1. Тяжесть XR-болезней меняется в широких пределах: от генетических леталей (например, мужское бесплодие при синдроме Леша—Найхана) до сравнительно легких нарушений (например, некоторые формы алопеции у мужчин). Генетические летали в одной трети случаев возникают в результате новой мутации, что осложняет медико-генетическое консультирование женщин, не имеющих в семейном анамнезе явных случаев заболевания. XR-болезнь может быть обусловлена рецессивным геном, летальным в гомозиготном или гемизиготном состоянии. Если локализация такого гена на X-хромосоме точно не доказана (цитогенетическими, биохимическими или молекулярно-биологическими методами), то XR-болезнь нельзя отличить от аутосомно-доминантной болезни, наследование которой зависит от пола. Например, тестикулярную феминизацию принято считать XR-болезнью, но ее сцепление с X-хромосомой не подтверждено.
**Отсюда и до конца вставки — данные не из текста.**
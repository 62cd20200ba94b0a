-- ===== src/Pdu/Decode/Bounds.antt =====
-- What `pdu_decode` writes fits its arrays, and its loops end, on every input.
use esp32c3_sms_gateway.Prelude.{
  ℕ, zero, suc, ◌+◌, ◌-◌, ◌*◌, ◌/◌, ◌≤◌, ◌<◌, ◌≡◌, arith, Bool, true, false, ◌&&◌, Option, none,
  some, List, [], ◌∷◌, length, drop, All, All-append, ltb, leb, ◌==◌,
}
use esp32c3_sms_gateway.Prelude.HexText.{IsByte}
use esp32c3_sms_gateway.Prelude.Result.{
  err, fail, Ensures, Ensures-bind, Ensures-read, Ensures-read_any, Ensures-if, Ensures-elim,
  Ensures-weaken, Ensures-fail_if,
}
use esp32c3_sms_gateway.Pdu.Hex.{hex_byte, hex_pairs, hex_string_to_bytes, skip_blanks}
use esp32c3_sms_gateway.Pdu.Address.{parse_phone_number}
use esp32c3_sms_gateway.Pdu.Timestamp.{parse_timestamp}
use esp32c3_sms_gateway.Pdu.Text.{ucs2_loop, ucs2_to_utf8, gsm7_loop, gsm7bit_decode}
use esp32c3_sms_gateway.Pdu.Decode.{
  DecodedSms, Encoding, ucs2, eight_bit, seven_bit, encoding_type, short_reference, long_reference,
  udh_loop, parse_udh, copy_bytes, eight_bit_len, septets_left, decode_text, decode_user_data,
  decode_buffer, fill_buffer, pdu_decode,
}
use esp32c3_sms_gateway.Pdu.Decode.FieldBounds.{
  SenderFits, StampFits, parse_phone_number-Ensures, parse_timestamp-Ensures, ucs2_loop-Ensures,
  gsm7_loop-Ensures, copy_bytes-Ensures,
}

short_reference-Ensures :
    (buf : List ℕ) (base i : ℕ) → Ensures (λ c. Unit {0}) (short_reference buf base i)
unfolding short_reference
short_reference-Ensures buf base i = Ensures-read_any _ buf (base + (i + 2)) _ λ ref.
    Ensures-read_any _ buf (base + (i + 3)) _
      λ total. Ensures-read_any _ buf (base + (i + 4)) _ λ part. tt

long_reference-Ensures :
    (buf : List ℕ) (base i : ℕ) → Ensures (λ c. Unit {0}) (long_reference buf base i)
unfolding long_reference
long_reference-Ensures buf base i = Ensures-read_any _ buf (base + (i + 2)) _ λ hi.
    Ensures-read_any _ buf (base + (i + 3)) _ λ lo.
      Ensures-read_any _ buf (base + (i + 4)) _
        λ total. Ensures-read_any _ buf (base + (i + 5)) _ λ part. tt

-- The loop ends on every header: the index moves on by 2 at least.
udh_loop-Ensures :
    (buf : List ℕ) (base len udh_len fuel i : ℕ)
    → 0 < fuel
    → len < fuel + i
    → Ensures (λ c. Unit {0}) (udh_loop buf base len udh_len fuel i)
unfolding udh_loop
udh_loop-Ensures buf base len udh_len zero i pos h = absurd (omega arith)
udh_loop-Ensures buf base len udh_len (suc fuel) i pos h =
    Ensures-elim _ (leb i udh_len && ltb i len) _ _
      (λ more.
        let below : i < len = ground arith in
        Ensures-read_any _ buf (base + i) _ λ iei. Ensures-read_any _ buf (base + (i + 1)) _ λ iel.
          Ensures-elim _ (iei == 0x00 && iel == 3) _ _ (λ _. short_reference-Ensures buf base i)
            λ _.
              Ensures-elim _ (iei == 0x08 && iel == 4) _ _ (λ _. long_reference-Ensures buf base i)
                λ _.
                  udh_loop-Ensures buf base len udh_len fuel (i + (2 + iel)) (omega arith)
                    (omega arith))
      (λ _. tt)

parse_udh-Ensures :
    (buf : List ℕ) (base len : ℕ) (with_udh : Bool)
    → Ensures (λ r. Unit {0}) (parse_udh buf base len with_udh)
unfolding parse_udh
parse_udh-Ensures buf base len false = tt
parse_udh-Ensures buf base len true = Ensures-read_any _ buf base _ λ udh_len.
    Ensures-bind (λ c. Unit {0}) _ (udh_loop buf base len udh_len (len + 1) 1) _
      (udh_loop-Ensures buf base len udh_len (len + 1) 1 (omega arith) (omega arith)) λ info h. tt

abbrev TextFits : List ℕ → Type 0
TextFits t = length t ≤ 479

decode_text-Ensures :
    (encoding : Encoding) (buf : List ℕ) (base len start : ℕ) (with_udh : Bool) (udl : ℕ)
    → len ≤ 256
    → udl < 256
    → Ensures TextFits (decode_text buf base len start encoding with_udh udl)
unfolding decode_text ucs2_to_utf8 gsm7bit_decode septets_left eight_bit_len
decode_text-Ensures ucs2 buf base len start with_udh udl h k =
    Ensures-if TextFits (ltb start len) _ _
      (λ _.
        Ensures-weaken (λ t. length t ≤ 3 * ((len - start + 1) / 2)) TextFits
          (ucs2_loop buf ((len - start + 1) / 2) (base + start))
          (ucs2_loop-Ensures buf ((len - start + 1) / 2) (base + start)) λ t p. omega arith)
      (λ _. omega arith)
decode_text-Ensures seven_bit buf base len start with_udh udl h k =
    Ensures-weaken (λ t. length t ≡ septets_left udl with_udh start) TextFits
      (gsm7_loop buf (septets_left udl with_udh start) (base + start) 0)
      (gsm7_loop-Ensures buf (septets_left udl with_udh start) (base + start) 0) λ t p. ground arith
decode_text-Ensures eight_bit buf base len start with_udh udl h k =
    Ensures-weaken (λ t. length t ≡ eight_bit_len len start) TextFits
      (copy_bytes buf (eight_bit_len len start) (base + start))
      (copy_bytes-Ensures buf (eight_bit_len len start) (base + start)) λ t p. ground arith

-- Every array of the result holds its text and a terminator.
pub record FitsArrays (sms : DecodedSms) : Type 0 where
  pub sender_fits : length sms.sender < 20
  pub timestamp_fits : length sms.timestamp < 32
  pub text_fits : length sms.text < 480

decode_user_data-Ensures :
    (buf : List ℕ) (buf_len idx : ℕ) (with_udh : Bool) (encoding : Encoding)
    (sender timestamp : List ℕ)
    → All IsByte buf
    → buf_len ≤ 256
    → length sender ≤ 19
    → length timestamp ≤ 31
    → Ensures FitsArrays (decode_user_data buf buf_len idx with_udh encoding sender timestamp)
unfolding decode_user_data
decode_user_data-Ensures buf buf_len idx with_udh encoding sender timestamp bytes n s t =
    Ensures-read IsByte FitsArrays buf idx _ bytes λ udl small.
      Ensures-if FitsArrays (leb buf_len (idx + 1)) _ _
        (λ _. record {
          sender_fits = omega arith;
          timestamp_fits = omega arith;
          text_fits = omega arith;
        })
        λ _.
          Ensures-bind (λ r. Unit {0}) FitsArrays
            (parse_udh buf (idx + 1) (buf_len - (idx + 1)) with_udh) _
            (parse_udh-Ensures buf (idx + 1) (buf_len - (idx + 1)) with_udh)
            λ r _.
              Ensures-bind TextFits FitsArrays
                (decode_text buf (idx + 1) (buf_len - (idx + 1)) r.1 encoding with_udh udl) _
                (decode_text-Ensures encoding buf (idx + 1) (buf_len - (idx + 1)) r.1 with_udh udl
                  (omega arith) small)
                λ text h. record {
                  sender_fits = omega arith;
                  timestamp_fits = omega arith;
                  text_fits = omega arith;
                }

decode_buffer-Ensures :
    (buf : List ℕ) (buf_len : ℕ)
    → All IsByte buf
    → buf_len ≤ 256
    → Ensures FitsArrays (decode_buffer buf buf_len)
unfolding decode_buffer
decode_buffer-Ensures buf buf_len bytes n = Ensures-read_any FitsArrays buf 0 _ λ smsc_len.
    Ensures-fail_if FitsArrays (leb buf_len (1 + smsc_len)) fail _ λ _.
      Ensures-read_any FitsArrays buf (1 + smsc_len) _ λ pdu_type.
        Ensures-bind SenderFits FitsArrays (parse_phone_number buf (1 + smsc_len + 1)) _
          (parse_phone_number-Ensures buf (1 + smsc_len + 1))
          λ number sender_fits. Ensures-fail_if FitsArrays (leb buf_len number.1) fail _ λ _.
            Ensures-read_any FitsArrays buf number.1 _ λ pid.
              Ensures-read_any FitsArrays buf (number.1 + 1) _ λ dcs.
                Ensures-bind StampFits FitsArrays (parse_timestamp buf (number.1 + 2)) _
                  (parse_timestamp-Ensures buf (number.1 + 2))
                  λ stamp stamp_fits. Ensures-fail_if FitsArrays (leb buf_len stamp.1) fail _ λ _.
                    decode_user_data-Ensures buf buf_len stamp.1 _ (encoding_type dcs) number.0
                      stamp.0 bytes n sender_fits stamp_fits

hex_pairs_fits :
    (left : ℕ) (s : List ℕ) → (length (hex_pairs left s) ≤ left) × All IsByte (hex_pairs left s)
unfolding hex_pairs hex_byte
hex_pairs_fits zero s = (omega arith, tt)
hex_pairs_fits (suc left) [] = (omega arith, tt)
hex_pairs_fits (suc left) (a ∷ []) = (omega arith, tt)
hex_pairs_fits (suc left) (a ∷ b ∷ s) = ground (arith, hex_pairs_fits left s)

All-drop : (n : ℕ) (xs : List ℕ) → All IsByte xs → All IsByte (drop n xs)
All-drop zero xs h = h
All-drop (suc n) [] h = h
All-drop (suc n) (x ∷ xs) h = All-drop n xs h.1

-- On every input and every content of the stack, `pdu_decode` ends, and what it returns fits the
-- arrays of `decoded_sms_t` with a terminator: it never writes outside them.
pub pdu_decode-Ensures :
    (stale : List ℕ) (pdu_hex : Option (List ℕ))
    → All IsByte stale
    → Ensures FitsArrays (pdu_decode stale pdu_hex)
unfolding pdu_decode hex_string_to_bytes
pdu_decode-Ensures stale none h = tt
pdu_decode-Ensures stale (some s) h =
    let bytes = hex_pairs 256 (skip_blanks s) in
    let (short, small) = hex_pairs_fits 256 (skip_blanks s) in
    Ensures-if FitsArrays (length bytes == 0) (err fail)
      (decode_buffer (fill_buffer stale bytes) (length bytes)) (λ _. tt)
      λ _.
        decode_buffer-Ensures (fill_buffer stale bytes) (length bytes)
          (All-append IsByte bytes (drop (length bytes) stale) small
            (All-drop (length bytes) stale h))
          short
В потомстве гетерозиготной женщины (носитель XR-дефекта) и здорового мужчины 50% дочерей — носительницы, а 50% сыновей — больные. У женщины с нормальным генотипом и фертильного мужчины с XR-болезнью все дочери — носительницы, а все сыновья здоровы. Примеры эндокринных XR-болезней: X-сцепленная адренолейкодистрофия (пероксисомное нарушение, для которого характерно чрезвычайное разнообразие клинических форм), врожденный идиопатический гипопитуитаризм, редкие формы нефрогенного несахарного диабета, редкие формы изолированного идиопатического гипопаратиреоза, врожденная гипоплазия надпочечников.
2. XD-болезни встречаются реже, чем XR-болезни, и часто приводят к гибели гемизиготных плодов мужского пола. Предполагают, что болезни, при которых повышена частота самопроизвольных абортов и снижена рождаемость мальчиков (например, синдром Франческетти—Ядассона и очаговая мезоэктодермальная дисплазия), обусловлены именно XD-дефектами. Гомозиготная женщина с нелетальным XD-дефектом передает XD-аллель всем детям; гетерозиготная женщина передает аллель половине детей обоего пола; гемизиготный мужчина передает аллель всем дочерям, но не сыновьям. Поэтому в семьях с нелетальными XD-дефектами преобладают больные женщины. Примеры эндокринных XD-болезней: нефрогенный несахарный диабет, некоторые варианты псевдогипопаратиреоза.
3. Для некоторых болезней, сцепленных с X-хромосомой, разработаны методы лечения и пренатальной диагностики, а также пробы на гетерозиготность (носительство мутантных генов). Если точно определить генетический дефект невозможно (например, из-за отсутствия необходимых молекулярных зондов), то пренатальная диагностика ограничивается определением пола будущего ребенка. Если это мальчик, а родители относятся к группе риска XR-болезни, то их предупреждают о том, что вероятность рождения больного мальчика равна 50%. Семья должна принять решение о прерывании или сохранении беременности.